Extracted entries:
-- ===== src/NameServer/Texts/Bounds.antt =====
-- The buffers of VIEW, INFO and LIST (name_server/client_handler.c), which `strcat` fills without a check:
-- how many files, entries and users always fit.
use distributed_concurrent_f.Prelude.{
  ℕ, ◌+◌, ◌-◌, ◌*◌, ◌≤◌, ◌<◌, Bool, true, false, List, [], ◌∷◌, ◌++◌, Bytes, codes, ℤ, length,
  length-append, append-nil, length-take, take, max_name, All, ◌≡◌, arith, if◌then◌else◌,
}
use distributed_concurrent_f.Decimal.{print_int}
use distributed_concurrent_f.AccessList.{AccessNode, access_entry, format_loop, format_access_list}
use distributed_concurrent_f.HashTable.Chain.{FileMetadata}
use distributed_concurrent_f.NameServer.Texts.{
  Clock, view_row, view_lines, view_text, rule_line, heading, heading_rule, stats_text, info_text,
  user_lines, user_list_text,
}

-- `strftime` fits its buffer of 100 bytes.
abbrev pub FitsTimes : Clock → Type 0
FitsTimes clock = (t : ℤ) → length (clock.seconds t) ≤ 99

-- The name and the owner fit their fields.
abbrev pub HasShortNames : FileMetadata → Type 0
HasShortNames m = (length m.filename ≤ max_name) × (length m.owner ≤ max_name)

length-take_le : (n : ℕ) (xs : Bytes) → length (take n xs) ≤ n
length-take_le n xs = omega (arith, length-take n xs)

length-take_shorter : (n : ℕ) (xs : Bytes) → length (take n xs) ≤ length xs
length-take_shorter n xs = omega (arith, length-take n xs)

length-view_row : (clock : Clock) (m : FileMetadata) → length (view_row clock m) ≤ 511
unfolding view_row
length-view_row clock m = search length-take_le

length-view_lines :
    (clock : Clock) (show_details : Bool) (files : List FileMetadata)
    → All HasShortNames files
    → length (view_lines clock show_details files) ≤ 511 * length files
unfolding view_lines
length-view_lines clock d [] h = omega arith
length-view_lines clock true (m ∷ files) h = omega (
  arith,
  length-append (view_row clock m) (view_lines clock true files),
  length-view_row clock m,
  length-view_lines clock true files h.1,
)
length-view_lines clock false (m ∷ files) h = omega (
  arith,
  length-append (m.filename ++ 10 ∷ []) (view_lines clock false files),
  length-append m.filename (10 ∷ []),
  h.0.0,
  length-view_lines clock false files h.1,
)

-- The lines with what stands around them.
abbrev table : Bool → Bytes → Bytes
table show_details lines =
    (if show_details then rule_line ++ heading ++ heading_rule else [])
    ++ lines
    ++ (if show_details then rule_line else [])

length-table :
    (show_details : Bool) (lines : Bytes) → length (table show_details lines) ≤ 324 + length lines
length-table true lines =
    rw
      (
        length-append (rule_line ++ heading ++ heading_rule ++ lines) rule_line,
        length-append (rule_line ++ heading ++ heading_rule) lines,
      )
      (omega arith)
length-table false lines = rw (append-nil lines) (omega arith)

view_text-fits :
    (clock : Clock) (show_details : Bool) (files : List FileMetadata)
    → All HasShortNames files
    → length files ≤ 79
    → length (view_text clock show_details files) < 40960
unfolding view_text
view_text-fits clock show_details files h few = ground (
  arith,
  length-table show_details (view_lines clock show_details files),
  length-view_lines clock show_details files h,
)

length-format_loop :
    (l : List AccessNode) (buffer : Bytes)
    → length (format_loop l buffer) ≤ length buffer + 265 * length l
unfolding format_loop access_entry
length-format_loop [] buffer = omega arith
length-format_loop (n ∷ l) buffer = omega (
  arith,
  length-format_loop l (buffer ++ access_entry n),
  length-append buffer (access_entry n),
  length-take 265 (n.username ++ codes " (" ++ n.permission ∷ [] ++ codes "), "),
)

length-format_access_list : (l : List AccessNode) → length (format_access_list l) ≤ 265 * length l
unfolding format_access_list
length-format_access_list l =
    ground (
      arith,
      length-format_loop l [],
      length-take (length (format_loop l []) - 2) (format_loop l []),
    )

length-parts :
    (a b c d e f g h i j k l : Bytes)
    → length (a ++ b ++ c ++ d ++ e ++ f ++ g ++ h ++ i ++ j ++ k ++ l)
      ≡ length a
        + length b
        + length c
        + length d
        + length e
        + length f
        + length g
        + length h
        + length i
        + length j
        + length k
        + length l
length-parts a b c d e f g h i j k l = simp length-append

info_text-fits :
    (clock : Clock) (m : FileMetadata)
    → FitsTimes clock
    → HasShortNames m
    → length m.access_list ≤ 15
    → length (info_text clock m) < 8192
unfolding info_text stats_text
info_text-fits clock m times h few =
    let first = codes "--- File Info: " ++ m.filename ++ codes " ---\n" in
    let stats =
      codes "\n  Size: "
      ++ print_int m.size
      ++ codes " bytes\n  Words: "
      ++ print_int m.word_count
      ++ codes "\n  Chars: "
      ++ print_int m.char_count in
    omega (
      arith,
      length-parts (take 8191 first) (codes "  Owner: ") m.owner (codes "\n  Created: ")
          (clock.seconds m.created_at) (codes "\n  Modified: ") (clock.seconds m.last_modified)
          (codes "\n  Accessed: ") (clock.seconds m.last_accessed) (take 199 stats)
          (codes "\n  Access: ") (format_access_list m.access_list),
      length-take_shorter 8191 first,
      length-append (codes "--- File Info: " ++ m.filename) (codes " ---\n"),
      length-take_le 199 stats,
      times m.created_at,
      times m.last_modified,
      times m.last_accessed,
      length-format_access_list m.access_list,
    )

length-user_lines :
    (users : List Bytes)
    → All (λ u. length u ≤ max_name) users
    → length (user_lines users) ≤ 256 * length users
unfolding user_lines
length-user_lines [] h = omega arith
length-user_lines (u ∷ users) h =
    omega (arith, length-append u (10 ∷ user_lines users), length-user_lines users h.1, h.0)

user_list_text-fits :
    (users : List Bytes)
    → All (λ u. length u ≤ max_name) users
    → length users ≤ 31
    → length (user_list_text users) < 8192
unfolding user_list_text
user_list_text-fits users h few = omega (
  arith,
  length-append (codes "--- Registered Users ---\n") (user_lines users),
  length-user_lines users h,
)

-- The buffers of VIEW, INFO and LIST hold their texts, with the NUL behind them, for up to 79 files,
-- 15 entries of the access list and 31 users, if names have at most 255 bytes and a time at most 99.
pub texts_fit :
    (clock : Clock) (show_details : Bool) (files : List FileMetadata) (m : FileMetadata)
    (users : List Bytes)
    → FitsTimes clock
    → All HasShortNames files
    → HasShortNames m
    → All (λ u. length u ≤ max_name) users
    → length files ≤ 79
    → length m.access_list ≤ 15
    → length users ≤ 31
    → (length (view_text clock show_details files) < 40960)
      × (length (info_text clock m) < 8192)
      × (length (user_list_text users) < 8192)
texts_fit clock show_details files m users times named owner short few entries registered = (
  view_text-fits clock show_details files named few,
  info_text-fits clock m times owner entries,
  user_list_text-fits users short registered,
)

--

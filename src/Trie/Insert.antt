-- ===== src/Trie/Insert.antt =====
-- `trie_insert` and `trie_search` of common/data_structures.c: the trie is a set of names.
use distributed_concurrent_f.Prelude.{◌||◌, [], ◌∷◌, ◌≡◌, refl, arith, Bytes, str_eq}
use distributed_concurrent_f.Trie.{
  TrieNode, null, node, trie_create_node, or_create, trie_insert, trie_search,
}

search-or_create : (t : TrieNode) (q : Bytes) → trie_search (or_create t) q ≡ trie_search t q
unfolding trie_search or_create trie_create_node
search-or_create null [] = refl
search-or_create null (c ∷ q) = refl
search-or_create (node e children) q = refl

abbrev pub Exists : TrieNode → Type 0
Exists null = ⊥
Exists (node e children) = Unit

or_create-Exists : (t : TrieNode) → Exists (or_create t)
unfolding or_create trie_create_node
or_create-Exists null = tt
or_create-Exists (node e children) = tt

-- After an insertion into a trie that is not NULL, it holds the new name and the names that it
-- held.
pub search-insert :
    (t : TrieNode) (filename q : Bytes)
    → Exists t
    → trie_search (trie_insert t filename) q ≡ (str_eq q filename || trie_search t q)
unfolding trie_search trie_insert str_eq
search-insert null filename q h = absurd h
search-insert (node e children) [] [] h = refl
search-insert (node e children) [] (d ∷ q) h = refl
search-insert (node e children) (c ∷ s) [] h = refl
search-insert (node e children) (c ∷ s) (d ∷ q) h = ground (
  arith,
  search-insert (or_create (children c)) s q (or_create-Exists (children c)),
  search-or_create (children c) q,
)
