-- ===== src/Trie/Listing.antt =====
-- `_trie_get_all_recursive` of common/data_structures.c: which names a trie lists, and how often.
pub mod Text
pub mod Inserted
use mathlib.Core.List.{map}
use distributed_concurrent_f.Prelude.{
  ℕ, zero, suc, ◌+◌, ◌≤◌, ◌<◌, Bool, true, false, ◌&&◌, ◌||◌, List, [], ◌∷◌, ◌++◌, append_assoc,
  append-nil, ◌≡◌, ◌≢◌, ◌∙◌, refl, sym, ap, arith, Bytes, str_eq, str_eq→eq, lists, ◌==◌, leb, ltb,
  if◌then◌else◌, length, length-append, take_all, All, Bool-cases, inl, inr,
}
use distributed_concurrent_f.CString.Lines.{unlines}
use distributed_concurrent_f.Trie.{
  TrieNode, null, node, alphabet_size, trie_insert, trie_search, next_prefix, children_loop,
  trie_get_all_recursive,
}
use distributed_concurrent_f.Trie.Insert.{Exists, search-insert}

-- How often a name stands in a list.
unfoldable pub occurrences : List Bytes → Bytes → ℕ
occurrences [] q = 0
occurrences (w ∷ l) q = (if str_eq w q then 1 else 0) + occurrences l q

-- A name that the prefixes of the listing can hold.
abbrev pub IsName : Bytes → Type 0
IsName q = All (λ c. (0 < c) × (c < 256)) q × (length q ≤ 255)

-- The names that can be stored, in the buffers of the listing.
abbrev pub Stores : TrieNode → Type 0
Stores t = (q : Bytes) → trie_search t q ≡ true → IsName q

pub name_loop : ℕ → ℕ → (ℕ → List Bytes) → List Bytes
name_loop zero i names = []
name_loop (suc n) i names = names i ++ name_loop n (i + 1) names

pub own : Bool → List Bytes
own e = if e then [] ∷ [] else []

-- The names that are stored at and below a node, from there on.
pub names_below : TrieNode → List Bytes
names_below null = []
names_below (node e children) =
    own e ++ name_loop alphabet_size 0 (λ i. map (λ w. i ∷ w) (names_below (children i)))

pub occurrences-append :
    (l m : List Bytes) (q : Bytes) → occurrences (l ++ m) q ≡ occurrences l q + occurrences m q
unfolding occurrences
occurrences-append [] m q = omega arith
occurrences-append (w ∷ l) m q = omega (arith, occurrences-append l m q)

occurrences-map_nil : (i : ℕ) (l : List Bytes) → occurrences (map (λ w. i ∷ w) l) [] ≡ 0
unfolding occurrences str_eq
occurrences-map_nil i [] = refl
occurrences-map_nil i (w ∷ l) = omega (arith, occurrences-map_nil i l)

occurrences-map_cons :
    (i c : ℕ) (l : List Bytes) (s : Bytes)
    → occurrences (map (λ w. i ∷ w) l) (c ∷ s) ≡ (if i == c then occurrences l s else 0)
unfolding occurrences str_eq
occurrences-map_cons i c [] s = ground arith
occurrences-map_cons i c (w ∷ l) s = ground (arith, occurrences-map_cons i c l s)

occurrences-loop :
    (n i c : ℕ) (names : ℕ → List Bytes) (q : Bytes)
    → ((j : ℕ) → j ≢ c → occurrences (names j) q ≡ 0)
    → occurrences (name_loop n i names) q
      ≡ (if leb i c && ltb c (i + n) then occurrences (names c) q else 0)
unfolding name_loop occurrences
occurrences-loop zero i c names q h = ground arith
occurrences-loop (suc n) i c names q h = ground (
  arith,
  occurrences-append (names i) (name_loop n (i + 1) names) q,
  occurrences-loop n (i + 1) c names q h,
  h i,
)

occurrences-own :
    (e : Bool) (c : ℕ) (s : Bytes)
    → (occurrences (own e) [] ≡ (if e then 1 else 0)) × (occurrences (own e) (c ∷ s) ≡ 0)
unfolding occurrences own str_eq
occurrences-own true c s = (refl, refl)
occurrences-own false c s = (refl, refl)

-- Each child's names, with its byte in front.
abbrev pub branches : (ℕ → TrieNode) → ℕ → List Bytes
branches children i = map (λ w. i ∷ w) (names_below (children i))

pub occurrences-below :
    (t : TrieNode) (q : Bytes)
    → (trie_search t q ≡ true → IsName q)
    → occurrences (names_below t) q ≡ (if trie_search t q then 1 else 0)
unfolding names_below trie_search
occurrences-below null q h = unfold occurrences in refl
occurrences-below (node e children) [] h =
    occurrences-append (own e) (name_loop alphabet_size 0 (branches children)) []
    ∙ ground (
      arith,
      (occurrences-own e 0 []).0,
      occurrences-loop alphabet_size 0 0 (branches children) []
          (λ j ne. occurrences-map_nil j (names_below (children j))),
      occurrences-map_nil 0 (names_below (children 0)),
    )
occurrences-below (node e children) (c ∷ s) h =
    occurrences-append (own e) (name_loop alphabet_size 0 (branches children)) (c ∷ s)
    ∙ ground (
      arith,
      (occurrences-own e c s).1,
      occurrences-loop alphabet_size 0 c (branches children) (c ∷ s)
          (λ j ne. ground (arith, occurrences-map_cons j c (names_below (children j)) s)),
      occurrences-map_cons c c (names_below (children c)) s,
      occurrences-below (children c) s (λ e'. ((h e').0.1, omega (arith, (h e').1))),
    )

What is expected: State how many lines of the records above hold the word "zero", adding nothing beyond the number.

Solution: 3